In July 1972, after voting in favor of an amendment to the Law of Return regarding the definition of Who is a Jew according to Halakha, against the stance of the government and his party, he was dismissed from his position as Deputy Minister of Education. In April 1973 he resigned in protest from the NRP and became an independent Member of Knesset. Prior to the 1973 Knesset elections he founded the "Movement for Social Equality," but it did not pass the electoral threshold.

In 1984 he rejoined the NRP and was elected to the 11th Knesset, serving continuously until the 1999 elections. After the 1999 elections, where he served as the chairman of the movement, he was appointed a minister without portfolio in Yitzhak Shamir's government. Following the dirty trick in mid-1990 and the formation of a new government, Shaki was appointed Minister of Religious Affairs, a position he held until 1992. He appointed Shlomo Bekish as Director-General of the ministry. After competing against Rabbi Yitzhak Levi for the leadership of the NRP and the education portfolio in 1998, a contest he lost, Shaki announced he would not run for Knesset again and was appointed an associate president of the World Mizrachi Movement. During his tenure in the Knesset he initiated the Passover Holiday Law together with Avraham Yosef Shapira.

In the 1999 Knesset elections he was placed in the symbolic 120th spot on the NRP list for Knesset.

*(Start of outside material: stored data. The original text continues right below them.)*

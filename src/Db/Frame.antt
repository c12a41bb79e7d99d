-- ===== src/Db/Frame.antt =====
-- What a run leaves alone: one rule for each way to build session code.
use canals_assessment.Prelude.{◌≡◌, refl, ◌∙◌, Bool, Option, none, some}
use canals_assessment.Domain.Errors.{Exception}
use canals_assessment.Db.Rows.{Db}
use canals_assessment.Db.Tx.{
  Result, ok, err, Tx, pure, raise, gets, or_raise, lift, raise_if, modify, resume, ◌>>=◌,
}

-- `m` leaves `view` as it was, whether it returns or raises.
pub record Frames {A B : Type 0} (view : Db → B) (m : Tx A) : Type 0 where
  pub at : (db : Db) → view (m db).1 ≡ view db

module _ {A B : Type 0} (view : Db → B) where
  pub Frames-pure : (a : A) → Frames view (pure a)
  Frames-pure a = record { at = λ db. refl }

  pub Frames-raise : (e : Exception) → Frames view (raise {A = A} e)
  Frames-raise e = record { at = λ db. refl }

  pub Frames-gets : (f : Db → A) → Frames view (gets f)
  Frames-gets f = record { at = λ db. refl }

  pub Frames-lift : (r : Result A) → Frames view (lift r)
  Frames-lift r = record { at = λ db. refl }

  pub Frames-or_raise : (o : Option A) (e : Exception) → Frames view (or_raise o e)
  Frames-or_raise none e = record { at = λ db. refl }
  Frames-or_raise (some a) e = record { at = λ db. refl }

module _ {A B C : Type 0} (view : Db → C) where
  Frames-resume :
      (f : A → Tx B) (r : Result A) (db : Db)
      → ((a : A) → Frames view (f a))
      → view (resume r f db).1 ≡ view db
  Frames-resume f (ok a) db k = (k a).at db
  Frames-resume f (err e) db k = refl

  pub Frames-bind :
      (m : Tx A) (f : A → Tx B)
      → Frames view m
      → ((a : A) → Frames view (f a))
      → Frames view (m >>= f)
  Frames-bind m f h k = record { at = λ db. Frames-resume f (m db).0 (m db).1 k ∙ h.at db }

module _ {B : Type 0} (view : Db → B) where
  pub Frames-raise_if : (b : Bool) (e : Exception) → Frames view (raise_if b e)
  Frames-raise_if b e = record { at = λ db. refl }

  pub Frames-modify : (f : Db → Db) → ((db : Db) → view (f db) ≡ view db) → Frames view (modify f)
  Frames-modify f h = record { at = h }

pub ruleset frame_rules = (
  Frames-pure, Frames-raise, Frames-gets, Frames-lift, Frames-or_raise, Frames-bind,
  Frames-raise_if,
)
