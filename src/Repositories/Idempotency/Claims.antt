-- ===== src/Repositories/Idempotency/Claims.antt =====
-- The row that a key's lookup finds, under the writes of app/repositories/idempotency.py.
use canals_assessment.Prelude.{
  String, ◌≡◌, refl, ◌≢◌, Bool, true, false, Option, some, List, [], ◌∷◌, ◌++◌, arith, head?,
  if◌then◌else◌, Bool-cases, inl, inr, eq_iff,
}
use canals_assessment.Domain.Enums.{IdempotencyStatus}
use canals_assessment.Sql.{update_rows, select_rows, exists_row}
use canals_assessment.Db.Rows.{IdempotencyKey}
use canals_assessment.Repositories.Idempotency.{has_key, is_failed_key}

-- What `get` returns for a key.
abbrev pub stored : String → List IdempotencyKey → Option IdempotencyKey
stored key rows = head? (select_rows (has_key key) rows)

pub stored-absent :
    (key : String) (rows : List IdempotencyKey)
    → exists_row (has_key key) rows ≡ false
    → select_rows (has_key key) rows ≡ []
stored-absent key [] h = refl
stored-absent key (r ∷ rs) h = ground (arith, stored-absent key rs)

pub stored-present :
    (key : String) (rows : List IdempotencyKey) (e : IdempotencyKey)
    → stored key rows ≡ some e
    → exists_row (has_key key) rows ≡ true
stored-present key [] e h = cc
stored-present key (r ∷ rs) e h = ground (arith, stored-present key rs e)

pub stored-exists :
    (key : String) (rows : List IdempotencyKey)
    → exists_row (has_key key) rows ≡ true
    → (e : IdempotencyKey) × (stored key rows ≡ some e)
stored-exists key [] h = cc
stored-exists key (r ∷ rs) h = elim (Bool-cases (has_key key r)) [
  | inl t ↦ (r, rw t)
  | inr f ↦ rw f (stored-exists key rs (rw f at h))
]

-- A row inserted for an absent key is the one that the lookup finds.
pub stored-insert :
    (rows : List IdempotencyKey) (new : IdempotencyKey)
    → exists_row (has_key new.key) rows ≡ false
    → stored new.key (rows ++ new ∷ []) ≡ some new
stored-insert [] new h = ground (arith, eq_iff new.key new.key)
stored-insert (r ∷ rs) new h = ground (arith, stored-insert rs new)

-- An UPDATE that leaves the keys alone changes the row that the lookup finds as it does any other.
pub stored-update_rows :
    (key : String) (test : IdempotencyKey → Bool) (set : IdempotencyKey → IdempotencyKey)
    (rows : List IdempotencyKey) (e : IdempotencyKey)
    → ((r : IdempotencyKey) → (set r).key ≡ r.key)
    → stored key rows ≡ some e
    → stored key (update_rows test set rows) ≡ some (if test e then set e else e)
stored-update_rows key test set [] e k h = cc
stored-update_rows key test set (r ∷ rs) e k h =
    ground (arith, k r, stored-update_rows key test set rs e k)

pub stored-has_key :
    (key : String) (rows : List IdempotencyKey) (e : IdempotencyKey)
    → stored key rows ≡ some e
    → has_key key e ≡ true
stored-has_key key [] e h = cc
stored-has_key key (r ∷ rs) e h = ground (arith, stored-has_key key rs e)

-- The test of the compare-and-swap selects a row as soon as the found one passes it.
pub failed_selected :
    (key : String) (rows : List IdempotencyKey) (e : IdempotencyKey)
    → stored key rows ≡ some e
    → e.status ≡ IdempotencyStatus.failed
    → select_rows (is_failed_key key) rows ≢ []
failed_selected key [] e h s = cc
failed_selected key (r ∷ rs) e h s = ground (arith, failed_selected key rs e)
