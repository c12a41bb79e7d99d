-- ===== src/Repositories/Reservation/Frames.antt =====
-- What the methods of app/repositories/reservation.py leave alone: every view of the database that
-- does not read inventory, the reservations or the ids drawn.
use canals_assessment.Prelude.{ℕ, ◌≡◌, Bool, List, [], ◌∷◌}
use canals_assessment.Domain.Enums.{ReservationStatus}
use canals_assessment.Domain.Values.{RequestedItem, ReleasedItem}
use canals_assessment.Domain.Errors.{Exception}
use canals_assessment.Db.Rows.{Db, StockReservation, Inventory}
use canals_assessment.Db.Tx.{Env, draw, or_raise, modify}
use canals_assessment.Db.Frame.{Frames, Frames-pure, Frames-or_raise, Frames-bind, frame_rules}
use canals_assessment.Repositories.Reservation.{
  add_reservation, claim_stock, insert_reservation, reserve_item, reserve_items, reserve_stock,
  return_stock, give_back, claim_rows, settle, release_reservation, settle_for_order, sweep_expired,
}

-- A view that reads neither table, nor the ids drawn.
pub record IsApart {B : Type 0} (view : Db → B) : Type 0 where
  pub inventory :
      (db : Db) (rows : List Inventory) → view (record db { inventory = rows }) ≡ view db
  pub reservations :
      (db : Db) (rows : List StockReservation)
      → view (record db { stock_reservations = rows }) ≡ view db
  pub drawn : (db : Db) (n : ℕ) → view (record db { drawn = n }) ≡ view db

module _ {B : Type 0} (view : Db → B) (apart : IsApart view) where
  pub draw-apart : (env : Env) → Frames view (draw env)
  draw-apart env = record { at = λ db. apart.drawn db _ }

  claim_stock-apart : (w : ℕ) (i : RequestedItem) → Frames view (claim_stock w i)
  unfolding claim_stock
  claim_stock-apart w i = record { at = λ db. apart.inventory db _ }

  added : (s : StockReservation) → Frames view (modify (add_reservation s))
  added s = record { at = λ db. apart.reservations db _ }

  insert_reservation-apart :
      (env : Env) (order w expires : ℕ) (i : RequestedItem)
      → Frames view (insert_reservation env order w expires i)
  unfolding insert_reservation
  insert_reservation-apart env order w expires i = search (frame_rules, draw-apart, added)

  reserve_item-apart :
      (env : Env) (order w expires : ℕ) (i : RequestedItem)
      → Frames view (reserve_item env order w expires i)
  unfolding reserve_item
  reserve_item-apart env order w expires i =
      search (frame_rules, claim_stock-apart, insert_reservation-apart)

  reserve_items-apart :
      (env : Env) (order w expires : ℕ) (is : List RequestedItem)
      → Frames view (reserve_items env order w expires is)
  unfolding reserve_items
  reserve_items-apart env order w expires [] = search frame_rules
  reserve_items-apart env order w expires (i ∷ is) =
      Frames-bind view (reserve_item env order w expires i) _
        (reserve_item-apart env order w expires i)
        λ r.
          Frames-bind view (reserve_items env order w expires is) _
            (reserve_items-apart env order w expires is) (λ rs. Frames-pure view _)

  pub reserve_stock-apart :
      (env : Env) (order w : ℕ) (items : List RequestedItem)
      → Frames view (reserve_stock env order w items)
  unfolding reserve_stock
  reserve_stock-apart env order w items = search (frame_rules, reserve_items-apart)

  return_stock-apart : (i : ReleasedItem) → Frames view (return_stock i)
  unfolding return_stock
  return_stock-apart i = record { at = λ db. apart.inventory db _ }

  give_back-apart : (items : List ReleasedItem) → Frames view (give_back items)
  unfolding give_back
  give_back-apart [] = search frame_rules
  give_back-apart (i ∷ is) = Frames-bind view (return_stock i) _ (return_stock-apart i) λ found.
      Frames-bind view (or_raise found Exception.runtime_error) _ (Frames-or_raise view found _)
        (λ id. give_back-apart is)

  claim_rows-apart :
      (test : StockReservation → Bool) (status : ReservationStatus)
      → Frames view (claim_rows test status)
  unfolding claim_rows
  claim_rows-apart test status = record { at = λ db. apart.reservations db _ }

  settle-apart :
      (test : StockReservation → Bool) (status : ReservationStatus)
      → Frames view (settle test status)
  settle-apart test status =
      unfold settle in search (frame_rules, claim_rows-apart, give_back-apart)

  pub release_reservation-apart : (order : ℕ) → Frames view (release_reservation order)
  unfolding release_reservation
  release_reservation-apart order = settle-apart _ _

  pub sweep_expired-apart : (batch_size : ℕ) → Frames view (sweep_expired batch_size)
  unfolding sweep_expired
  sweep_expired-apart batch_size = search (frame_rules, settle-apart)

  pub settle_for_order-apart :
      (order : ℕ) (status : ReservationStatus) → Frames view (settle_for_order order status)
  unfolding settle_for_order
  settle_for_order-apart order status = record { at = λ db. apart.reservations db _ }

Shaki served as the chairman of the NRP office and chairman of the lobby to promote understanding between religious and secular people. He was also an honorary president of the Institute for the Study of the Family in Israel.

He died after a severe illness on 28 May 2005.

==Personal life==
His sister Esther Shaki-Arazi was a poet.

His daughter Smadar Gross served for nine months as the head of the Religious Council in Kfar Saba and was the first woman to hold this position.

In 2021 he was commemorated with a street named after him in the Gilo neighborhood of Jerusalem.